After they got married, John adopted Leslie. Joe was born five years after Leslie.

“He was an excellent father, excellent husband,” Deanna said. “He treated both equally.”

She regrets that “Pappy” won’t be around to share his knowledge with his 2-year-old grandson.

Over the years, John collected a vast library of books, and old parts and equipment. Deanna could count on him to be able to fix anything.

“He could make something out of nothing,” she said.

John loved the outdoors, and in his younger years, liked to hunt and spend time at their cabin in Morgan County, W.Va. As he slowed down, he still loved watching nature from the large picture window of the couple’s Clear Spring home.

They downsized in November 2012 from the home John had spent five years building for their family to a ranch home on the Shupp farm that Deanna inherited from her aunt and uncle, not far from the house John built.

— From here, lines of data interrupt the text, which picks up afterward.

-- ===== src/Tests/Polling.antt =====
-- Polls over a concrete steady stream, and the theorems on encoders and polls that end.
use hypercore_protocol_rs.Prelude.{
  false, ℕ, zero, suc, ◌<◌, ◌≡◌, refl, sym, ◌∙◌, Bool-cases, false, leb, ◌⊎◌, inl, inr, Option,
  none, some, List, [], ◌∷◌, ◌++◌, All, length, replicate, Result, Error, ok, err, MayHalt-bind,
  arith,
}
use hypercore_protocol_rs.Wire.{Bytes, Decoder, CompactEncoding}
use hypercore_protocol_rs.Wire.Total.{Ends, EncoderEnds, CodecEnds, EncodersEnd}
use hypercore_protocol_rs.Schema.Open.{Open}
use hypercore_protocol_rs.Message.{open_msg}
use hypercore_protocol_rs.ChannelMessage.{ChannelMessage, new as new_message}
use hypercore_protocol_rs.Framing.{vec_encoded_size, vec_encode}
use hypercore_protocol_rs.Framing.Frames.{IsSendable, opens, frame-RoundTrips}
use hypercore_protocol_rs.Framing.Total.{vec_encode_ends}
use hypercore_protocol_rs.Crypto
use hypercore_protocol_rs.Platform.{Poll, CipherEvent, handshake_payload, message, err_stuff}
use hypercore_protocol_rs.Protocol.State.{Protocol, Event, new, open_channel}
use hypercore_protocol_rs.Protocol.Step.{poll_next}
use hypercore_protocol_rs.Protocol.Halting.{MacTotal, Established, HashFits}
use hypercore_protocol_rs.Protocol.Steady.{Steady, Goes, Returns, FrameFits}
use hypercore_protocol_rs.Protocol.Completes.{Polled, poll_next-completes}
use hypercore_protocol_rs.Protocol.Completes
use hypercore_protocol_rs.Tests.Codecs.{crates, put, cut, filled, to_encoded_bytes}
use hypercore_protocol_rs.Tests.Rules.{rules}
use hypercore_protocol_rs.Tests.Host.{host, TestStream, next_event}
use hypercore_protocol_rs.Tests.Data.{want_on, close_on}

put-Ends : (bs : Bytes) → EncoderEnds (put bs)
unfolding put
put-Ends bs buf = elim (Bool-cases (leb (length bs) (length buf))) [
  | inl fits ↦ rw fits tt
  | inr short ↦ rw short tt
]

cut-Ends : (n : ℕ) → EncoderEnds (cut n)
unfolding cut
cut-Ends n buf = elim (Bool-cases (leb n (length buf))) [
  | inl fits ↦ rw fits tt
  | inr short ↦ rw short tt
]

filled-Ends :
    {A : Type 0} (bytes : A → Bytes) (decode : Decoder A) → CodecEnds (filled bytes decode)
filled-Ends bytes decode = record { size = λ a. tt; encode = λ a. put-Ends (bytes a) }

to_encoded_bytes-Ends :
    (A : Type 0) (c : CompactEncoding A) (a : A)
    → Ends (c.encoded_size a)
    → EncoderEnds (c.encode a)
    → Ends (to_encoded_bytes A c a)
unfolding to_encoded_bytes
to_encoded_bytes-Ends A c a h k =
    MayHalt-bind ⊥ (c.encoded_size a) _ h
      λ n. MayHalt-bind ⊥ (c.encode a (replicate n 0)) _ (k (replicate n 0)) λ r. tt

pub encoders_end : EncodersEnd crates
encoders_end = record {
  u64 = filled-Ends _ _;
  string = filled-Ends _ _;
  vec_u8 = filled-Ends _ _;
  vec_u32 = filled-Ends _ _;
  take_array_mut = cut-Ends;
  write_array = put-Ends;
  write_slice = put-Ends;
  request_block = filled-Ends _ _;
  request_seek = filled-Ends _ _;
  request_upgrade = filled-Ends _ _;
  data_block = filled-Ends _ _;
  data_hash = filled-Ends _ _;
  data_seek = filled-Ends _ _;
  data_upgrade = filled-Ends _ _;
  to_encoded_bytes = to_encoded_bytes-Ends;
}

-- A batch over two channels, and a `Close` in it, in a buffer that is too short.
abbrev batch : List (ChannelMessage crates)
batch = want_on 1 ∷ close_on 2 ∷ []

vec_encode_ends_example :
    Ends (vec_encoded_size crates batch) × Ends (vec_encode crates batch (0 ∷ 0 ∷ 0 ∷ []))
vec_encode_ends_example = vec_encode_ends crates encoders_end batch (0 ∷ 0 ∷ 0 ∷ []) (tt, (tt, tt))

abbrev EventFits : CipherEvent → Type 0
EventFits (message frame) = FrameFits crates frame
EventFits _ = Unit {0}

-- An established stream with frames to come that fit.
abbrev Good : TestStream → Type 0
Good s = HashFits host s × Established host s × All EventFits s.incoming

abbrev left : TestStream → ℕ
left s = length s.incoming

pub keeps : (s : TestStream) → Good s → Goes host Good left s s
keeps s g = record { good = g; fewer = omega arith; stays = λ done. done }

pub next_event-Goes : (s : TestStream) → Good s → Goes host Good left s (next_event s).1
next_event-Goes s (fits, done, frames) = go s.incoming frames refl
  where
    go :
        (es : List CipherEvent)
        → All EventFits es
        → s.incoming ≡ es
        → Goes host Good left s (next_event s).1
    go [] f e = rw e (record { good = (fits, done, f); fewer = omega arith; stays = λ d. d })
    go (event ∷ es) f e =
        rw e (record { good = (fits, done, f.1); fewer = omega arith; stays = λ d. d })

pub next_event-Returns :
    (s : TestStream) → Good s → Returns host Good left s (next_event s).0 (next_event s).1
next_event-Returns s (fits, done, frames) = go s.incoming frames refl
  where
    go :
        (es : List CipherEvent)
        → All EventFits es
        → s.incoming ≡ es
        → Returns host Good left s (next_event s).0 (next_event s).1
    go [] f e = rw e tt
    go (handshake_payload ∷ es) f e = rw e (omega arith)
    go (message frame ∷ es) f e = rw e (omega arith, done, f.0)
    go (err_stuff er ∷ es) f e = rw e tt

abbrev pub steady : Steady host
steady = record {
  Good = Good;
  left = left;
  hash_fits = λ s g. g.0;
  ready_goes = keeps;
  ready_ends = λ s g. tt;
  send_goes = λ bs s g. record { good = g; fewer = omega arith; stays = λ done. done };
  send_ends = λ bs s g. tt;
  flush_goes = keeps;
  flush_ends = λ s g. tt;
  next_goes = next_event-Goes;
  next_returns = next_event-Returns;
}

-- The remote opens a channel.
abbrev remote_open : Open
remote_open = record {
  channel = 3;
  protocol = Crypto.protocol_name;
  discovery_key = replicate 32 5;
  capability = none;
}

fives-All : (n : ℕ) → All (λ b. b < 256) (replicate n 5)
fives-All zero = tt
fives-All (suc n) = (omega arith, fives-All n)

abbrev open_frame : List (ChannelMessage crates)
open_frame = new_message crates 3 (open_msg remote_open) ∷ []

pub remote_open-IsSendable : IsSendable crates rules open_frame
unfolding rules
remote_open-IsSendable =
    opens remote_open (omega arith, omega arith, (omega arith, fives-All 32), tt) refl

-- Its frame, and what is decoded from it.
abbrev frame : Bytes
frame = (frame-RoundTrips crates rules 0 open_frame remote_open-IsSendable).1

frame-FrameFits : FrameFits crates frame
frame-FrameFits ms rest e =
    let (n, bs, size, written, read) =
      frame-RoundTrips crates rules 0 open_frame remote_open-IsSendable in
    let both : ◌≡◌ {A = Result (List (ChannelMessage crates) × Bytes)} (ok (open_frame, []))
        (ok (ms, rest)) =
      sym read ∙ e in
    let same : open_frame ≡ ms = cc in rw (← same) (omega arith, tt)

abbrev pub stream_with : List CipherEvent → TestStream
stream_with incoming = record {
  is_initiator = false;
  local_key = 1 ∷ [];
  remote_key = some (2 ∷ []);
  hash = some (9 ∷ []);
  incoming = incoming;
  outgoing = [];
}

hash_fits : (incoming : List CipherEvent) → HashFits host (stream_with incoming)
hash_fits incoming hash e =
    let known : ◌≡◌ {A = Option Bytes} (some (9 ∷ [])) (some hash) = e in
    let same : ◌≡◌ {A = Bytes} (9 ∷ []) hash = cc in rw (← same) (omega arith)

established : (incoming : List CipherEvent) → Established host (stream_with incoming)
established incoming = (2 ∷ [], 9 ∷ [], refl, refl)

pub mac : MacTotal host
mac key data' le = (data' ++ key, refl)

abbrev pub fresh : Protocol host
fresh = new {p = host} (stream_with []) []

abbrev polled : Protocol host
polled = (poll_next host 1 fresh).1

-- After a poll, the frame of the remote and a command to open a channel wait.
abbrev pub fed : Protocol host
fed = record polled {
  io = record { stream = stream_with (message frame ∷ []); write_queue = polled.io.write_queue };
  command_rx = open_channel (replicate 32 5) ∷ [];
  outbound_rx = (want_on 1 ∷ []) ∷ [];
  channels = record polled.channels { queues = [] };
}

pub fresh-Good : Good (stream_with [])
fresh-Good = (hash_fits [], established [], tt)

fed-Good : Good (stream_with (message frame ∷ []))
fed-Good = (hash_fits (message frame ∷ []), established (message frame ∷ []), (frame-FrameFits, tt))

pub fed-Polled : Polled host steady fresh fed
unfolding new
fed-Polled = Completes.polls 1 fresh fed (omega arith) (
    Completes.feeds (stream_with (message frame ∷ [])) (open_channel (replicate 32 5) ∷ [])
      ((want_on 1 ∷ []) ∷ []) [] polled fed fed-Good (λ done. established (message frame ∷ []))
      (omega arith, tt) (Completes.here fed))

poll_next-completes_example :
    ((event : Poll Event) × ((poll_next host 2 fed).0 ≡ ok event))
    ⊎ ((e : Error) × ((poll_next host 2 fed).0 ≡ err e))
poll_next-completes_example =
    poll_next-completes host rules encoders_end mac steady (stream_with []) [] fed 2 fresh-Good
      fed-Polled (omega arith)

He had a stroke two years ago, which slowed him down. John always had been big on taking naps, but was sleeping a lot more in the past year.

Not one to take medications, he wouldn’t go to the hospital when he experienced chest pain and swollen legs recently.

Deanna scheduled an appointment with his doctor, and an EKG showed John had some damage to his heart. He agreed to take medicine to reduce the swelling.

Within days, though, John died in his sleep.

“It was quite a shock. I thought he would be getting better,” Deanna said.

“He was a very good man and had a good heart. He gave us a very good life.”

Editor’s note: Each Sunday, The Herald-Mail runs “A Life Remembered.” Each story in this continuing series takes a look back — through the eyes of family, friends, co-workers and others — at a member of the community who died recently. Today’s “A Life Remembered” is about John V. Mullendore, who died May 21 at the age of 83. His obituary was published in the May 22 edition of The Herald-Mail.